Ela_Automatela_ · ‎Aug 11, 2021

If you don’t want to worry about capital letters or not, this should do it:

SUBSTITUTE(REGEX_REPLACE(Notes, "\\B[a-z]", ""), " ", "")

I’ve checked it and it seems to work. I’m not an expert in regex though, I just try and see what happens :grinning_face_with_big_eyes:

Martin_Kopischk · ‎Aug 11, 2021

An even simpler formula would be

REGEX_REPLACE(Notes, "\\B\\w+\\W*", "")

This will delete all word characters that are not at the start of a word up to, and including, eventual subsequent non-word characters. “Great Garden Company” becomes “GGC” and “Not so great Company” becomes “NsgC”.

Note that, as of this writing, Airtable regular expressions are not Unicode aware, so that letters outside the English Latin subset will be considered non-word characters and thus will not be abbreviated.

Kim_Trager1 · ‎Aug 12, 2021

That is just perfect - thank you @Martin_Kopischke

kuovonne · ‎Aug 12, 2021

This is a nice solution.

However, one of the problems with creating a regular expression like this is dealing with punctuation:

Annie’s Bagels
Pick 'n Save
'Tis the Season
company.com

A slight tweak will seal with the first case.

REGEX_REPLACE(Notes, "\\B[\\w']+\\W*", "")

But there are so many cases where you just can’t predict punctuation that is is very hard to have a robust regular expression to deal with all of these situations.

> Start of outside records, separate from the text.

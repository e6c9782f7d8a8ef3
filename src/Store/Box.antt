-- ===== src/Store/Box.antt =====
-- store/db.go: `encrypt` and `decrypt`, over the secret boxes of another package.
use bmagent.Base.{◌≡◌, refl, subst, arith, Option, none, some, ◌++◌, Text, length}
use bmagent.Store.Bytes.{split_at}
use bmagent.Store.Bytes.Trip.{split_at-append}

-- `secretbox.Seal` and `secretbox.Open`, of a nonce and a key; none is a failure.
pub record Boxes : Type 1 where
  pub Key : Type 0
  pub seal : Text → Key → Text → Text
  pub unseal : Text → Key → Text → Option Text

pub data Opened : Type 0 where
  opened : Text → Opened
  not_opened : Opened
  stopped : Opened

module _ (S : Boxes) where
  open S use {Key, seal, unseal}

  -- `encrypt`, with the nonce of 24 bytes that `rand.Read` gives; none is its error.
  unfoldable pub encrypt : Option Key → Option Text → Text → Option Text
  encrypt none drawn msg = some msg
  encrypt (some key) none msg = none
  encrypt (some key) (some nonce) msg = some (nonce ++ seal nonce key msg)

  -- `decrypt`; data of fewer than 24 bytes is a panic.
  unfoldable pub decrypt : Option Key → Text → Opened
  decrypt none sealed = opened sealed
  decrypt (some key) enc = elim (split_at 24 enc) [
    | none ↦ stopped
    | some (nonce, sealed) ↦ elim (unseal nonce key sealed) [
      | none ↦ not_opened
      | some m ↦ opened m
    ]
  ]

  -- Where a box opens with the nonce and the key that sealed it, what is encrypted with a nonce of 24
  -- bytes, or without a key, is decrypted to itself.
  pub decrypt-encrypt :
      (key : Option Key) (nonce msg enc : Text)
      → ((n : Text) (k : Key) (m : Text) → unseal n k (seal n k m) ≡ some m)
      → length nonce ≡ 24
      → encrypt key (some nonce) msg ≡ some enc
      → decrypt key enc ≡ opened msg
  unfolding encrypt decrypt
  decrypt-encrypt none drawn msg enc law h e = ground arith
  decrypt-encrypt (some key) nonce msg enc law h e =
      let same : nonce ++ seal nonce key msg ≡ enc = ground arith in
      subst (λ x. decrypt (some key) x ≡ opened msg) same
        (rw (split_at-append 24 nonce (seal nonce key msg) h, decrypt)
          (rw (law nonce key msg) refl))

Martin_Kopischk · ‎Aug 12, 2021

Absolutely, you are right on all counts. There is only so much you can achieve with a regex considering the bewildering range of possible inputs, including incorrect forms (case in point: your regex will actually not match your first example the way you would expect it to, because that apostrophe is a typographically correct one while the regex only matches on ASCII single quotes), never mind the fact that any letter not accounted for by ASCII throws a spanner into the works, as mentioned. Personally, I’d recommend not relying on such an automatism at all and setting the abbreviation manually instead, but that is outside the scope of OP’s question, and I prefer to avoid answering “you shouldn’t be doing that” / “why would you want to do that” when I can :winking_face: .

Kim_Trager1 · ‎Aug 13, 2021

For whatever reason I always dip headless into the automation bucket and completely disregard that sometimes the best way is just do it manually.

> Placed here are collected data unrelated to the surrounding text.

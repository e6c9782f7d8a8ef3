-- ===== src/Store/Folder.antt =====
-- store/folder.go: `folder`, a folder of messages in the database. A message stands under its id and
-- its suffix, eight bytes each; the number that the next message gets stands in a bucket `data`.
pub mod Valid
pub mod Keys
pub mod Changes
pub mod Refines
pub mod Each
use bmagent.Base.{
  ℕ, zero, suc, ◌+◌, Bool, true, false, not, ◌||◌, ◌&&◌, Option, none, some, List, [], ◌∷◌, ◌++◌,
  ltb, leb, ◌==◌, if◌then◌else◌, u64, Text, codes, text_eq,
}
use bmagent.Store.Bytes.{put_uint64, number_of, split_at, uint64}
use bmagent.Store.Box.{Boxes, Opened, opened, not_opened, stopped, encrypt, decrypt}
use bmagent.Store.Bucket.{Buckets, Entries}

pub data Error : Type 0 where
  duplicate_id invalid_id not_found nil_message bad_range not_encrypted decryption_failed : Error
  database empty_name : Error
  callback : ℕ → Error

-- What a method returns: a value, an error, or a panic.
pub data Reply (A : Type 0) : Type 0 where
  done : A → Reply A
  failed : Error → Reply A
  panicked : Reply A

abbrev pub folder_next_id_key : Text
folder_next_id_key = codes "folderNextID"

abbrev pub folder_data_bucket : Text
folder_data_bucket = codes "data"

abbrev pub folder_created_on_key : Text
folder_created_on_key = codes "createdOn"

-- What the path to the folder leads to: no bucket of the user, no bucket of folders in it, none of
-- this folder, or its bucket and the bucket `data` in it.
pub data Place (Bucket : Type 0) : Type 0 where
  no_user no_folders no_folder : Place Bucket
  there : Bucket → Bucket → Place Bucket

-- Whether the key is at least eight bytes long, and begins with the given bytes.
unfoldable pub begins : Text → Text → Bool
unfolding split_at
begins p k = elim (split_at 8 k) [ none ↦ false | some (front, back) ↦ text_eq front p ]

module _ (S : Boxes) (B : Buckets) where
  open S use {Key}
  open B use {Bucket, create, nest, put, delete, get, seek}

  -- The fields that the methods read and write; `place` is the database.
  pub record Folder : Type 0 where
    pub master_key : Option Key
    pub next_id : ℕ
    pub place : Place Bucket

  -- The buckets of a new folder; the error of the last `Put` is not looked at.
  unfoldable pub create_folder : Option Text → Place Bucket × Option Error
  create_folder now = elim create [
    | none ↦ (no_folder, some database)
    | some b ↦ elim (nest folder_data_bucket b) [
      | none ↦ (no_folder, some database)
      | some m ↦ elim now [
        | none ↦ (no_folder, some database)
        | some created ↦ elim create [
          | none ↦ (no_folder, some database)
          | some b' ↦ elim (put folder_created_on_key created b') [
            | none ↦ (no_folder, some database)
            | some d ↦ elim (put folder_next_id_key (put_uint64 1) d) [
              | none ↦ (there m d, none)
              | some d' ↦ (there m d', none)
            ]
          ]
        ]
      ]
    ]
  ]

  -- `initialize`, at the time `now`, of a folder whose next id is 1.
  unfoldable pub initialize : Option Text → Folder → Folder × Reply Unit
  unfolding create_folder uint64
  initialize now f = elim f.place [
    | no_user ↦ (f, panicked)
    | no_folders ↦ (f, panicked)
    | no_folder ↦
        let (place, e) = create_folder now in
        elim e [ some error ↦ (f, failed error) | none ↦ (record f { place = place }, done tt) ]
    | there m d ↦ elim (get folder_next_id_key d) [
      | none ↦ (f, panicked)
      | some bs ↦ elim (uint64 bs) [
        | none ↦ (f, panicked)
        | some next ↦ (record f { next_id = next }, done tt)
      ]
    ]
  ]

  -- `newFolder` of a name, which is not empty, with the place that it leads to.
  unfoldable pub new_folder : Option Key → Text → Option Text → Place Bucket → Folder × Reply Unit
  unfolding initialize
  new_folder key name now place =
      let f : Folder = record { master_key = key; next_id = 1; place = place } in
      let opened = initialize now f in if text_eq name [] then (f, failed empty_name) else opened

  -- `kk, _ := Cursor().Seek(k[:8])`, and whether it begins with these bytes.
  unfoldable pub taken : ℕ → Bucket → Bool
  unfolding begins
  taken id m = elim (seek (put_uint64 id) m) [
    | [] ↦ false
    | (k, v) ∷ rest ↦ begins (put_uint64 id) k
  ]

  -- The update of `InsertNewMessage`; an error leaves the database as it was.
  unfoldable pub add_new : ℕ → ℕ → Text → Bucket → Bucket → Place Bucket × Option Error
  unfolding taken
  add_new id suffix enc m d = elim (put folder_next_id_key (put_uint64 (u64 (id + 1))) d) [
    | none ↦ (there m d, some database)
    | some d' ↦
        if taken id m
        then (there m d, some duplicate_id)
        else elim (put (put_uint64 id ++ put_uint64 suffix) enc m) [
          | none ↦ (there m d, some database)
          | some m' ↦ (there m' d', none)
        ]
  ]

  -- `InsertNewMessage`, with the nonce that is drawn for it.
  unfoldable pub insert_new_message : Option Text → Option Text → ℕ → Folder → Folder × Reply ℕ
  unfolding encrypt add_new
  insert_new_message drawn none suffix f = (f, failed nil_message)
  insert_new_message drawn (some msg) suffix f = elim (encrypt S f.master_key drawn msg) [
    | none ↦ (f, failed not_encrypted)
    | some enc ↦ elim f.place [
      | no_user ↦ (f, failed not_found)
      | no_folders ↦ (f, panicked)
      | no_folder ↦ (f, panicked)
      | there m d ↦
          let (place, e) = add_new f.next_id suffix enc m d in
          elim e [
            | some error ↦ (f, failed error)
            | none ↦ (record f { place = place; next_id = u64 (f.next_id + 1) }, done f.next_id)
          ]
    ]
  ]

  -- The update of `InsertMessage`.
  unfoldable pub add_at : ℕ → ℕ → Text → Bucket → Bucket × Option Error
  unfolding taken
  add_at id suffix enc m =
      if taken id m
      then (m, some duplicate_id)
      else elim (put (put_uint64 id ++ put_uint64 suffix) enc m) [
        | none ↦ (m, some database)
        | some m' ↦ (m', none)
      ]

  -- `InsertMessage`
  unfoldable pub insert_message : Option Text → ℕ → Option Text → ℕ → Folder → Folder × Reply Unit
  unfolding encrypt add_at
  insert_message drawn id none suffix f =
      if id == 0 || leb f.next_id id then (f, failed invalid_id) else (f, failed nil_message)
  insert_message drawn id (some msg) suffix f =
      if id == 0 || leb f.next_id id
      then (f, failed invalid_id)
      else elim (encrypt S f.master_key drawn msg) [
        | none ↦ (f, failed not_encrypted)
        | some enc ↦ elim f.place [
          | no_user ↦ (f, failed not_found)
          | no_folders ↦ (f, panicked)
          | no_folder ↦ (f, panicked)
          | there m d ↦
              let (m', e) = add_at id suffix enc m in
              elim e [
                | some error ↦ (f, failed error)
                | none ↦ (record f { place = there m' d }, done tt)
              ]
        ]
      ]

  -- What `GetMessage` makes of the key and the value at the cursor.
  unfoldable pub read_entry : Option Key → Text → Text → Option Text → Reply (ℕ × Text)
  unfolding split_at uint64 decrypt
  read_entry key p k none = failed not_found
  read_entry key p k (some v) = elim (split_at 8 k) [
    | none ↦ panicked
    | some (front, back) ↦ if not (text_eq front p) then failed not_found else elim (uint64 back) [
      | none ↦ panicked
      | some suffix ↦ elim (decrypt S key v) [
        | opened msg ↦ done (suffix, msg)
        | not_opened ↦ failed decryption_failed
        | stopped ↦ panicked
      ]
    ]
  ]

  -- `GetMessage`
  unfoldable pub get_message : ℕ → Folder → Reply (ℕ × Text)
  unfolding read_entry
  get_message id f = elim f.place [
    | no_user ↦ failed not_found
    | no_folders ↦ failed not_found
    | no_folder ↦ panicked
    | there m d ↦ elim (seek (put_uint64 id) m) [
      | [] ↦ failed not_found
      | (k, v) ∷ rest ↦ read_entry f.master_key (put_uint64 id) k v
    ]
  ]

  -- What `DeleteMessage` makes of the key and the value at the cursor.
  unfoldable pub delete_entry : Text → Text → Option Text → Bucket → Bucket × Reply Unit
  unfolding split_at
  delete_entry p k none m = (m, failed not_found)
  delete_entry p k (some v) m = elim (split_at 8 k) [
    | none ↦ (m, panicked)
    | some (front, back) ↦
        if not (text_eq front p)
        then (m, failed not_found)
        else elim (delete k m) [ none ↦ (m, failed database) | some m' ↦ (m', done tt) ]
  ]

  -- `DeleteMessage`
  unfoldable pub delete_message : ℕ → Folder → Folder × Reply Unit
  unfolding delete_entry
  delete_message id f =
      if id == 0 || leb f.next_id id then (f, failed invalid_id) else elim f.place [
        | no_user ↦ (f, failed not_found)
        | no_folders ↦ (f, panicked)
        | no_folder ↦ (f, panicked)
        | there m d ↦ elim (seek (put_uint64 id) m) [
          | [] ↦ (f, failed not_found)
          | (k, v) ∷ rest ↦
              let (m', reply) = delete_entry (put_uint64 id) k v m in
              (record f { place = there m' d }, reply)
        ]
      ]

Martin_Kopischk · ‎Aug 13, 2021

One of the nicer aspects of Airtable is that you can actually combine both approaches for an existing data set. Define a formula column using a variant of my regex to get a first raw set of abbreviations, then convert that column into text. Airtable will keep the calculated values while converting, which means you can now fine tune the existing abbreviations, and any new entry will then add their abbreviation manually.

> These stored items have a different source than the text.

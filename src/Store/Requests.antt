-- ===== src/Store/Requests.antt =====
-- store/pkrequests.go: `PKRequests`, how often and when the public key of an address was asked for. An
-- address stands over four bytes of the count and the time behind them.
pub mod Counts
use bmagent.Base.{ℕ, ◌+◌, Option, none, some, List, [], ◌∷◌, ◌++◌, u32, Text}
use bmagent.Store.Bytes.{low_bytes, number_of, split_at}
use bmagent.Store.Bucket.{Buckets, Entries}
use bmagent.Store.Folder.{Error, database, not_found, Reply, done, failed, panicked}

-- `PutUint32`
unfoldable pub put_uint32 : ℕ → Text
unfolding low_bytes
put_uint32 v = low_bytes 4 v

-- `binary.BigEndian.Uint32(t[:4])` and `t[4:]`; none is a panic.
unfoldable pub read_count : Text → Option (ℕ × Text)
unfolding split_at number_of
read_count t = elim (split_at 4 t) [
  | none ↦ none
  | some (front, back) ↦ some (number_of 0 front, back)
]

-- `UnmarshalBinary` of a time is a parameter; its errors, like those of the database, are `database`.
module _ (B : Buckets) {Time : Type 0} (unmarshal : Text → Option Time) where
  open B use {Bucket}

  -- The count that `New` writes; none is a panic.
  unfoldable pub next_count : Option Text → Option ℕ
  unfolding read_count
  next_count none = some 1
  next_count (some t) = elim (read_count t) [ none ↦ none | some (n, back) ↦ some (u32 (n + 1)) ]

  -- `New`, with the bytes of the time; none is its error.
  unfoldable pub new_request : Option Text → Text → Bucket → Bucket × Reply ℕ
  unfolding next_count put_uint32
  new_request now addr b = elim (next_count (B.get addr b)) [
    | none ↦ (b, panicked)
    | some count ↦ elim now [
      | none ↦ (b, failed database)
      | some t ↦ elim (B.put addr (put_uint32 count ++ t) b) [
        | none ↦ (b, failed database)
        | some b' ↦ (b', done count)
      ]
    ]
  ]

  -- `LastRequestTime`
  unfoldable pub last_request_time : Text → Bucket → Reply Time
  unfolding read_count
  last_request_time addr b = elim (B.get addr b) [
    | none ↦ failed not_found
    | some t ↦ elim (read_count t) [
      | none ↦ panicked
      | some (n, back) ↦ elim (unmarshal back) [ none ↦ failed database | some time ↦ done time ]
    ]
  ]

  -- `Remove`
  unfoldable pub remove_request : Text → Bucket → Bucket × Reply Unit
  remove_request addr b = elim (B.delete addr b) [
    | none ↦ (b, failed database)
    | some b' ↦ (b', done tt)
  ]

  -- `ForEach`; the function works on a state of its own.
  unfoldable pub for_each_request {ℓ} :
      {S : Type ℓ} → (Text → ℕ → Time → S → S × Option Error) → Entries → S → S × Reply Unit
  unfolding read_count
  for_each_request fn [] s = (s, done tt)
  for_each_request fn ((k, none) ∷ es) s = (s, panicked)
  for_each_request fn ((k, some v) ∷ es) s =
      let rest = for_each_request fn es in
      elim (read_count v) [
        | none ↦ (s, panicked)
        | some (n, back) ↦ elim (unmarshal back) [
          | none ↦ (s, failed database)
          | some time ↦
              let (s', e) = fn k n time s in
              elim e [ some error ↦ (s', failed error) | none ↦ rest s' ]
        ]
      ]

Or, if you prefer, you can keep the calculated column and add an override text column where users can manually tune (or deviate from) it, then base all display and operations on a third formula column that selects the override value if present, or the automatic one if not (I do that in some scenarios where the automatic value is right in at least 75 % of the cases). It all depends on factors like existing data set, frequency of new inputs, qualification of users inputting data etc.